Placée sur une des principales rivières du nord de la Gaule, à une distance à
peu près égale des frontières orientale et occidentale du royaume, elle
offrait des moyens faciles de communiquer avec les diverses provinces dont il
se composait ; et, d'un autre côté, la ville était trop éloignée des états ou
des gouvernements voisins pour qu'une surprise fût possible. Le cours de la
Moselle et de fortes murailles la mettaient, d'ailleurs, à l'abri de tout
malheur de ce genre. On a vu qu'au moment de l'invasion des Huns elle
possédait une enceinte, qui avait arrêté d'abord la fureur de ces barbares,
lesquels n'entrèrent dans la ville qu'après l'éboulement imprévu d'un pan de
mur.
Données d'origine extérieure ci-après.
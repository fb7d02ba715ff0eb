-- ===== src/Remote/Asking.antt =====
-- What the requests at the end of `wpa_ctrl_open` over UDP (src/wpa_ctrl/wpa_ctrl.c) send and take.
use wpa_supplicant_ex.Shared.{
  ℕ, ◌≡◌, refl, sym, ap, ◌∙◌, subst, ◌⊎◌, inl, inr, Bool, true, false, List, [], ◌∷◌, ◌++◌,
  append_assoc, append-nil, Option, none, some, arith, length, take, set, overwrite, length-take,
}
use wpa_supplicant_ex.Strings.{c_string}
use wpa_supplicant_ex.Kernel.{World}
use wpa_supplicant_ex.Kernel.Traffic.{Traffic, traffic, Leaves, Leaves->>=, Leaves-weaken}
use wpa_supplicant_ex.Api.{Reply, replied, failed}
use wpa_supplicant_ex.Api.Effects.{with_command, with_datagram}
use wpa_supplicant_ex.Ctrl.Quiet.{IsFilled, quiet_request-IsFilled}
use wpa_supplicant_ex.Remote.{
  Network, NetEffect, UdpCtrl, with_cookie, request_udp, take_name, fetch_ifname, fetch_names,
  after_dial, open_udp, dial_udp, get_cookie, ifname, dup_ip, buffer_effect, taken_effect,
}
use wpa_supplicant_ex.Remote.Requests.{request_udp-cases}
use wpa_supplicant_ex.Remote.Interface.{c_string-ended}
use wpa_supplicant_ex.Remote.Address.{IsDialed, dial_udp-IsDialed}

-- From `t` so many commands have gone out, and datagrams have been taken; nothing has been read or
-- written.
pub record Asks (asked : List (List ℕ)) (t u : Traffic) : Type 0 where
  pub dropped : List (List ℕ)
  pub taken : t.incoming ≡ dropped ++ u.incoming
  pub commands : u.commands ≡ t.commands ++ asked
  pub written : u.written ≡ t.written
  pub input : u.input ≡ t.input

-- A cookie is the string in the first 127 bytes of a datagram that came.
abbrev pub CookieOf : Traffic → Option (List ℕ) → Type 0
CookieOf t none = Unit
CookieOf t (some ck) =
    (before : List (List ℕ)) × (d : List ℕ) × (after : List (List ℕ)) × (t.incoming
      ≡ before ++ (d ∷ after))
    × (ck ≡ c_string (take 127 d))

-- `GET_COOKIE`, or nothing.
abbrev pub IsFirst : List (List ℕ) → Type 0
IsFirst first = (first ≡ []) ⊎ (first ≡ get_cookie ∷ [])

-- Opening has sent at most `GET_COOKIE` and then `IFNAME`, this behind the cookie.
abbrev pub IsOpening : Option (List ℕ) → Traffic → Traffic → Type 0
IsOpening ck t u =
    (first second : List (List ℕ)) × IsFirst first
    × ((second ≡ []) ⊎ (second ≡ with_cookie ck ifname ∷ []))
    × CookieOf t ck
    × Asks (first ++ second) t u

Asks-drops :
    (asked : List (List ℕ)) (t : Traffic) (d : List ℕ) (u : Traffic)
    → Asks asked t (with_datagram d u)
    → Asks asked t u
Asks-drops asked t d u h = record {
  dropped = h.dropped ++ (d ∷ []);
  taken = h.taken ∙ sym (append_assoc h.dropped (d ∷ []) u.incoming);
  commands = h.commands;
  written = h.written;
  input = h.input;
}

Asks-more :
    (asked : List (List ℕ)) (t u : Traffic) (cmd : List ℕ)
    → Asks asked t u
    → Asks (asked ++ (cmd ∷ [])) t (with_command cmd u)
Asks-more asked t u cmd h = record {
  dropped = h.dropped;
  taken = h.taken;
  commands = ap (λ x. x ++ (cmd ∷ [])) h.commands ∙ append_assoc t.commands asked (cmd ∷ []);
  written = h.written;
  input = h.input;
}

pub Asks-none : (t : Traffic) → Asks [] t t
Asks-none t = record {
  dropped = [];
  taken = refl;
  commands = sym (append-nil t.commands);
  written = refl;
  input = refl;
}

-- Behind the first request.
abbrev IsAsked : Option (List ℕ) → Traffic → Traffic → Type 0
IsAsked ck t u = (first : List (List ℕ)) × IsFirst first × CookieOf t ck × Asks first t u

IsAsked-IsOpening : (ck : Option (List ℕ)) (t u : Traffic) → IsAsked ck t u → IsOpening ck t u
IsAsked-IsOpening ck t u (first, one, from, asks) =
    (first, [], one, inl refl, from, subst (λ x. Asks x t u) (sym (append-nil first)) asks)

-- The end of opening, with a connection and without.
abbrev pub OpenEnds : Traffic → Option UdpCtrl × List NetEffect → Traffic → Type 0
OpenEnds t (none, log) u = u ≡ t
OpenEnds t (some c, log) u = IsOpening c.cookie t u

abbrev pub IsLeft : Traffic → Traffic → Type 0
IsLeft t u = (ck : Option (List ℕ)) × IsOpening ck t u

fetch_ifname-asks :
    (net : Network) (buf : List ℕ) (len : ℕ) (c : UdpCtrl) (log : List NetEffect) (t : Traffic)
    (w : World)
    → IsAsked c.cookie t (traffic w)
    → Leaves (OpenEnds t) (IsOpening c.cookie t) (fetch_ifname net buf len c log w)
unfolding fetch_ifname
fetch_ifname-asks net buf len c log t w (first, one, from, asks) =
    Leaves->>= (IsFilled (length buf) len I E stops drops) (OpenEnds t) E
      (request_udp (net.malloc_cmd ifname) c ifname buf len none) _ w
      (request_udp-cases (λ m. Leaves (IsFilled (length buf) len I E stops drops) E (m w))
        (net.malloc_cmd ifname) c ifname buf len none
        (quiet_request-IsFilled (length buf) len I E stops drops (with_cookie c.cookie ifname) buf w
          refl start (Asks-more first t (traffic w) (with_cookie c.cookie ifname) asks))
        start)
      ended
  where
    I : Traffic → Type 0
    I = Asks (first ++ (with_cookie c.cookie ifname ∷ [])) t

    E : Traffic → Type 0
    E = IsOpening c.cookie t

    stops : (u : Traffic) → I u → E u
    stops u h = (first, with_cookie c.cookie ifname ∷ [], one, inr refl, from, h)

    drops : (d : List ℕ) (u : Traffic) → I (with_datagram d u) → I u
    drops d u h = Asks-drops (first ++ (with_cookie c.cookie ifname ∷ [])) t d u h

    start : E (traffic w)
    start = IsAsked-IsOpening c.cookie t (traffic w) (first, one, from, asks)

    ended :
        (r : Reply) (u : World)
        → IsFilled (length buf) len I E stops drops r (traffic u)
        → E (traffic u)
    ended (failed e) u h = h
    ended (replied b n) u (d, b0, sized, filled, counted, h) =
        stops (traffic u) (drops d (traffic u) h)

fetch_names-asks :
    (net : Network) (buf : List ℕ) (c : UdpCtrl) (log : List NetEffect) (w : World)
    → length buf ≡ 128
    → c.cookie ≡ none
    → Leaves (OpenEnds (traffic w)) (IsLeft (traffic w)) (fetch_names net buf c log w)
unfolding fetch_names take_name
fetch_names-asks net buf c log w sized plain =
    Leaves->>= (IsFilled 128 127 I E stops drops) (OpenEnds t) (IsLeft t)
      (request_udp (net.malloc_cmd get_cookie) c get_cookie buf 127 none) _ w
      (Leaves-weaken (IsFilled 128 127 I E stops drops) (IsFilled 128 127 I E stops drops) E
        (IsLeft t) (request_udp (net.malloc_cmd get_cookie) c get_cookie buf 127 none w)
        (request_udp-cases (λ m. Leaves (IsFilled 128 127 I E stops drops) E (m w))
          (net.malloc_cmd get_cookie) c get_cookie buf 127 none
          (rw plain (
            unfold with_cookie in
            quiet_request-IsFilled 128 127 I E stops drops get_cookie buf w sized start
              (Asks-more [] t t get_cookie (Asks-none t))))
          start)
        (λ r u h. h) (λ u h. (none, IsAsked-IsOpening none t u h)))
      named
  where
    t : Traffic
    t = traffic w

    I : Traffic → Type 0
    I = Asks (get_cookie ∷ []) t

    E : Traffic → Type 0
    E = IsAsked none t

    stops : (u : Traffic) → I u → E u
    stops u h = (get_cookie ∷ [], inr refl, tt, h)

    drops : (d : List ℕ) (u : Traffic) → I (with_datagram d u) → I u
    drops d u h = Asks-drops (get_cookie ∷ []) t d u h

    start : E t
    start = ([], inl refl, tt, Asks-none t)

    -- The second request, behind what the first one has left.
    second :
        (b : List ℕ) (len : ℕ) (ck : Option (List ℕ)) (l : List NetEffect) (u : World)
        → IsAsked ck t (traffic u)
        → Leaves (OpenEnds t) (IsLeft t) (fetch_ifname net b len (record c { cookie = ck }) l u)
    second b len ck l u h =
        Leaves-weaken (OpenEnds t) (OpenEnds t) (IsOpening ck t) (IsLeft t)
          (fetch_ifname net b len (record c { cookie = ck }) l u)
          (fetch_ifname-asks net b len (record c { cookie = ck }) l t u h) (λ o v k. k)
          (λ v k. (ck, k))

    told :
        (ok : Bool) (d b : List ℕ) (u : Traffic)
        → length b ≡ 128
        → I (with_datagram d u)
        → IsAsked
            (dup_ip ok (c_string (set (overwrite (take 127 d) b) (length (take 127 d)) 0)))
            t
            u
    told false d b u fits h = stops u (drops d u h)
    told true d b u fits h = (
      get_cookie ∷ [],
      inr refl,
      (
        h.dropped,
        d,
        u.incoming,
        h.taken,
        c_string-ended (take 127 d) b (omega (arith, fits, length-take 127 d)),
      ),
      drops d u h,
    )

    named :
        (r : Reply) (u : World)
        → IsFilled 128 127 I E stops drops r (traffic u)
        → Leaves (OpenEnds t) (IsLeft t) (
            (let (b, len, cookie) = take_name net.strdup_cookie buf 127 r in
                fetch_ifname net b len
                  (record c { cookie = cookie })
                  (log
                    ++ (buffer_effect (net.malloc_cmd get_cookie) c.cookie ++ taken_effect cookie)))
              u)
    named (failed e) u h = second buf 127 none _ u h
    named (replied b n) u (d, b0, fits, filled, counted, h) =
        second (set b n 0) n (dup_ip net.strdup_cookie (c_string (set b n 0))) _ u
          (rw (filled, counted) (told net.strdup_cookie d b0 (traffic u) fits h))

abbrev Plain : Option UdpCtrl → Type 0
Plain none = Unit
Plain (some c) = c.cookie ≡ none

-- Opening over UDP.
pub open_udp-asks :
    (remote : Bool) (net : Network) (buf : List ℕ) (ctrl_path : Option (List ℕ)) (w : World)
    → length buf ≡ 128
    → Leaves (OpenEnds (traffic w)) (IsLeft (traffic w)) (open_udp remote net buf ctrl_path w)
unfolding open_udp after_dial
open_udp-asks remote net buf ctrl_path w sized =
    let (ctrl, log) = dial_udp remote net ctrl_path in
    go ctrl log (dial_udp-IsDialed remote net ctrl_path)
  where
    go :
        (ctrl : Option UdpCtrl) (log : List NetEffect)
        → IsDialed (ctrl, log)
        → Leaves (OpenEnds (traffic w)) (IsLeft (traffic w)) (after_dial net buf ctrl log w)
    go none log h = refl
    go (some c) log (inl h) = ground arith
    go (some c) log (inr (d, e, plain, unnamed, is_open)) =
        fetch_names-asks net buf c log w sized (subst Plain (sym e) plain)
On doit bien penser que, pressés comme ils l’étaient de pénétrer dans l’intérieur
de la Gaule, ils ne s’amusèrent pas à démolir des murailles, qui pouvaient
même leur offrir un refuge, en cas de défaite. Après la retraite des Huns, l’enceinte
de Metz fut soigneusement réparée, et Venance Fortunat, qui visita cette
ville vers l’année 565, rappelle la force de ses remparts dans les vers
suivants : Urbs
munita nimis, quam cinxit murus et amnis[73]. ..........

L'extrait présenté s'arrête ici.